My older boys were so loving and understanding through my pregnancy and through the early days after the twins came home. It was hard on them.  ALL OF IT.  I could see their struggle to comprehend a new mama. A mama who no longer got up and dressed for work, but who had babies in her arms ALL. THE. TIME. , and who asked them to be patient and wait for just about everything. I could never put them to bed because, well…the twins needed me. My husband had to take on a lot more than he’s ever had to before, and he did it well.  I’m certain my family never heard me complain about housework as much as I do now. I’m sure they wonder why their dirty laundry and lost socks send me over the edge like never before. I’ve wondered myself why I tend to lose my cool so easily when I’ve always maintained our home, when the underwear has always been under the bed and the socks always lost. I’m certain I’ve blurted out “I didn’t go to college to become your maid!” more than once…sigh.

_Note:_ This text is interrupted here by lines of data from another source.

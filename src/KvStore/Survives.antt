-- ===== src/KvStore/Survives.antt =====
-- What the store keeps over its lives is the map in memory and what outlives the process.
use agent_kv.Prelude.{Bytes, List, [], none, ◌≡◌, ◌≢◌, ◌⊎◌, inl, inr, refl, sym, ap, subst, ◌∙◌}
use agent_kv.Map.{lookup, IsMap}
use agent_kv.Disk.{Disk}
use agent_kv.Snapshot.{temp_path}
use agent_kv.Snapshot.Image.{IsStorable}
use agent_kv.Wal.Frame.{Op, put, remove, apply_op}
use agent_kv.KvStore.{World, contains, is_there}
use agent_kv.KvStore.Content.{apply_op-IsMap}
use agent_kv.KvStore.Recovery.{log_is_good}
use agent_kv.KvStore.Behind.{kept, op_on, Behind, Behind-path, Behind-log}
use agent_kv.KvStore.Between.{Keeps, held, durable, dead, begun, unstarted}
use agent_kv.KvStore.Parted.{
  Rebuilds, Parted, set-Parted, delete-Parted, SavesAll, save_snapshot-SavesAll,
}
use agent_kv.KvStore.Cleared.{Cleared, clear_persistence-Cleared}
use agent_kv.KvStore.Starting.{IsSound-new}
use agent_kv.KvStore.Life.{
  Event, Phase, up, down, Step, set_ok, set_err, delete_ok, delete_err, snapshot_ok, snapshot_err,
  clear_ok, death, start_ok, start_err, Steps, Pair, BothBy, Same, Moves, History,
}

module _ {wal_path snapshot_path : Bytes} (apart : wal_path ≢ snapshot_path)
    (apart' : wal_path ≢ temp_path snapshot_path) where
  module _ (p : Pair) (s s' : World) (k : Keeps wal_path snapshot_path (up s) p) where
    returned :
        (op : Op)
        → s'.store.entries ≡ apply_op op s.store.entries
        → IsStorable s'.store.entries
        → Rebuilds wal_path snapshot_path (op_on op p.stored) s'
        → (q : Pair) × BothBy op p q × Keeps wal_path snapshot_path (up s') q
    returned op grown storable' (inl b) =
        let (_, _, map, e) = k in
        (
          record { memory = s'.store.entries; stored = op_on op p.stored },
          (grown ∙ ap (apply_op op) e, inl refl),
          held apart apart' (op_on op p.stored) s' b storable'
              (subst IsMap (sym grown) (apply_op-IsMap op s.store.entries map)),
        )
    returned op grown _ (inr b) =
        let (_, _, _, e) = k in
        let whole = grown ∙ ap (apply_op op) e in
        (
          record { memory = s'.store.entries; stored = kept s'.store.entries },
          (whole, inr (ap kept whole)),
          durable apart apart' s' b,
        )

    stayed :
        s'.store.entries ≡ s.store.entries
        → Behind wal_path snapshot_path p.stored s'
        → Keeps wal_path snapshot_path (up s') p
    stayed same b =
        let (_, storable, map, e) = k in
        (b, subst IsStorable (sym same) storable, subst IsMap (sym same) map, same ∙ e)

    threw :
        (op : Op)
        → ((s'.store.entries ≡ apply_op op s.store.entries)
            × IsStorable s'.store.entries
            × Behind wal_path snapshot_path (op_on op p.stored) s')
          ⊎ ((s'.store.entries ≡ s.store.entries) × Behind wal_path snapshot_path p.stored s')
        → (q : Pair) × (BothBy op p q ⊎ Same p q) × Keeps wal_path snapshot_path (up s') q
    threw op (inl (grown, storable, b)) =
        let (q, both, k') = returned op grown storable (inl b) in (q, inl both, k')
    threw op (inr (same, b)) = (p, inr (refl, refl), stayed same b)

  Step-Moves :
      {e : Event} {x y : Phase} (p : Pair)
      → Step wal_path snapshot_path e x y
      → Keeps wal_path snapshot_path x p
      → (q : Pair) × Moves e p q × Keeps wal_path snapshot_path y q
  unfolding contains
  Step-Moves p (set_ok {key} {value} {s} {s'} e) k =
      let (b, storable, map, _) = k in
      let (grown, good, _, b') =
        subst (Parted wal_path snapshot_path (put key value) p.stored s (λ _. Unit)) e
          (set-Parted apart apart' p.stored key value s b storable map) in
      returned p s s' k (put key value) grown good b'
  Step-Moves p (set_err {key} {value} {e = _} {s} {s'} e) k =
      let (b, storable, map, _) = k in
      threw p s s' k (put key value) (
        subst (Parted wal_path snapshot_path (put key value) p.stored s (λ _. Unit)) e
          (set-Parted apart apart' p.stored key value s b storable map))
  Step-Moves p (delete_ok {key} {erased} {s} {s'} e) k =
      let (b, storable, map, h) = k in
      let (grown, good, reply, b') =
        subst
          (Parted wal_path snapshot_path (remove key) p.stored s
            (λ erased. erased ≡ contains key s))
          e (delete-Parted apart apart' p.stored key s b storable map) in
      let (q, both, k') = returned p s s' k (remove key) grown good b' in
      (q, (reply ∙ ap (λ n. is_there (lookup key n)) h, both), k')
  Step-Moves p (delete_err {key} {e = _} {s} {s'} e) k =
      let (b, storable, map, _) = k in
      threw p s s' k (remove key) (
        subst
          (Parted wal_path snapshot_path (remove key) p.stored s
            (λ erased. erased ≡ contains key s))
          e (delete-Parted apart apart' p.stored key s b storable map))
  Step-Moves p (snapshot_ok {reply} {s} {s'} e) (b, storable, map, h) =
      let (replied, same, b') =
        subst (SavesAll apart apart' p.stored s) e
          (save_snapshot-SavesAll apart apart' p.stored s b storable map) in
      (
        record { memory = s'.store.entries; stored = kept s'.store.entries },
        (replied, same ∙ h, ap kept (same ∙ h)),
        durable apart apart' s' b',
      )
  Step-Moves p (snapshot_err {e = _} {s} {s'} e) k =
      let (b, storable, map, _) = k in
      let (same, b') =
        subst (SavesAll apart apart' p.stored s) e
          (save_snapshot-SavesAll apart apart' p.stored s b storable map) in
      (p, (refl, refl), stayed p s s' k same b')
  Step-Moves p (clear_ok {s} {s'} e) (b, storable, map, h) =
      let (log, wal, target) = Behind-log wal_path snapshot_path p.stored s b in
      let (same, _, b') =
        subst (Cleared wal_path snapshot_path s) e (
          clear_persistence-Cleared apart apart' s (Behind-path wal_path p.stored s b) wal
            target) in
      (
        record { memory = s'.store.entries; stored = kept [] },
        (same ∙ h, refl),
        held apart apart' (kept []) s' b' (subst IsStorable (sym same) storable)
            (subst IsMap (sym same) map),
      )
  Step-Moves p (death {s} fates) (b, _, _, _) =
      dead apart apart' p.stored p.memory s fates (log_is_good s) b refl
  Step-Moves p (start_ok {d} {s} {r} e) k = begun apart apart' p.stored d s r e k
  Step-Moves p (start_err {d} {s} {e = message} e fates) k =
      (p, refl, unstarted apart apart' p.stored d s fates message e k)

  Steps-History :
      {es : List Event} {x y : Phase} (p : Pair)
      → Steps wal_path snapshot_path es x y
      → Keeps wal_path snapshot_path x p
      → (q : Pair) × History es p q × Keeps wal_path snapshot_path y q
  Steps-History p Steps.rest k = (p, History.rest, k)
  Steps-History p (Steps.then step steps) k =
      let (q, moves, k') = Step-Moves p step k in
      let (r, history, k'') = Steps-History q steps k' in (r, History.then moves history, k'')

  -- From a disk with no log and no snapshot, with the log at another path than the snapshot and its
  -- temporary file: through any number of processes, each serving any requests under any failures of
  -- the disk, except a `ClearPersistence` that throws, and dying between any two requests, every call
  -- and every start acts as `Moves` says on the pair of the map in memory and what outlives the
  -- process. An operation that returned is in the map in memory, and in the stored map while that is
  -- known. If the process dies while the log's stream is good, a start that returns finds the stored
  -- map. If it dies behind a log whose stream has failed, a start that returns finds the stored map,
  -- or it with one operation more; from then on, until a snapshot is saved or the persistence is
  -- cleared, the stored map is not known, and nothing is stated of what a further start finds.
  pub life-History :
      {es : List Event} {x : Phase} (d : Disk)
      → d.files wal_path ≡ none
      → d.files snapshot_path ≡ none
      → Steps wal_path snapshot_path es (down d) x
      → (q : Pair) × History es (record { memory = []; stored = kept [] }) q
        × Keeps wal_path snapshot_path x q
  life-History d log snap steps =
      Steps-History (record { memory = []; stored = kept [] }) steps
        (IsSound-new wal_path snapshot_path d log snap)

It’s possible I’ve never let myself stop and just be present. It’s possible that my mind has always sought out a lengthy to-do list just so I could remind myself what I am capable of when it’s all checked off. It was my way of validating who I was and what I was all about. It’s possible I didn’t value myself until I received acknowledgement from clients, bosses, and colleagues for juggling so much and still meeting deadlines. It’s possible I didn’t understand what life was all about until I watched two lives end.

It’s spring. Life is everywhere. Growth is everywhere. I’m learning to breathe again, to pray through my heartache and dark memories and to be present in them so that I can move on from them. I’m learning to stop and smell every baby smell, hear every baby coo, and see every baby first – with fresh eyes. I am learning to be alone. I’m learning that my home and my children are enough “work” to keep me fulfilled and challenged. Three stages of boy life to nurture and manage is not an easy job, but I’m ready. I’m ready to be who they need me to be, who God created me to be, and to live this life in a new way. I am sure I will fumble and I know I will make mistakes, but who doesn’t?

Ecclesiastes 3:1-8 rings true in my life. There is truly a time for everything, and for some of us, a first time for everything.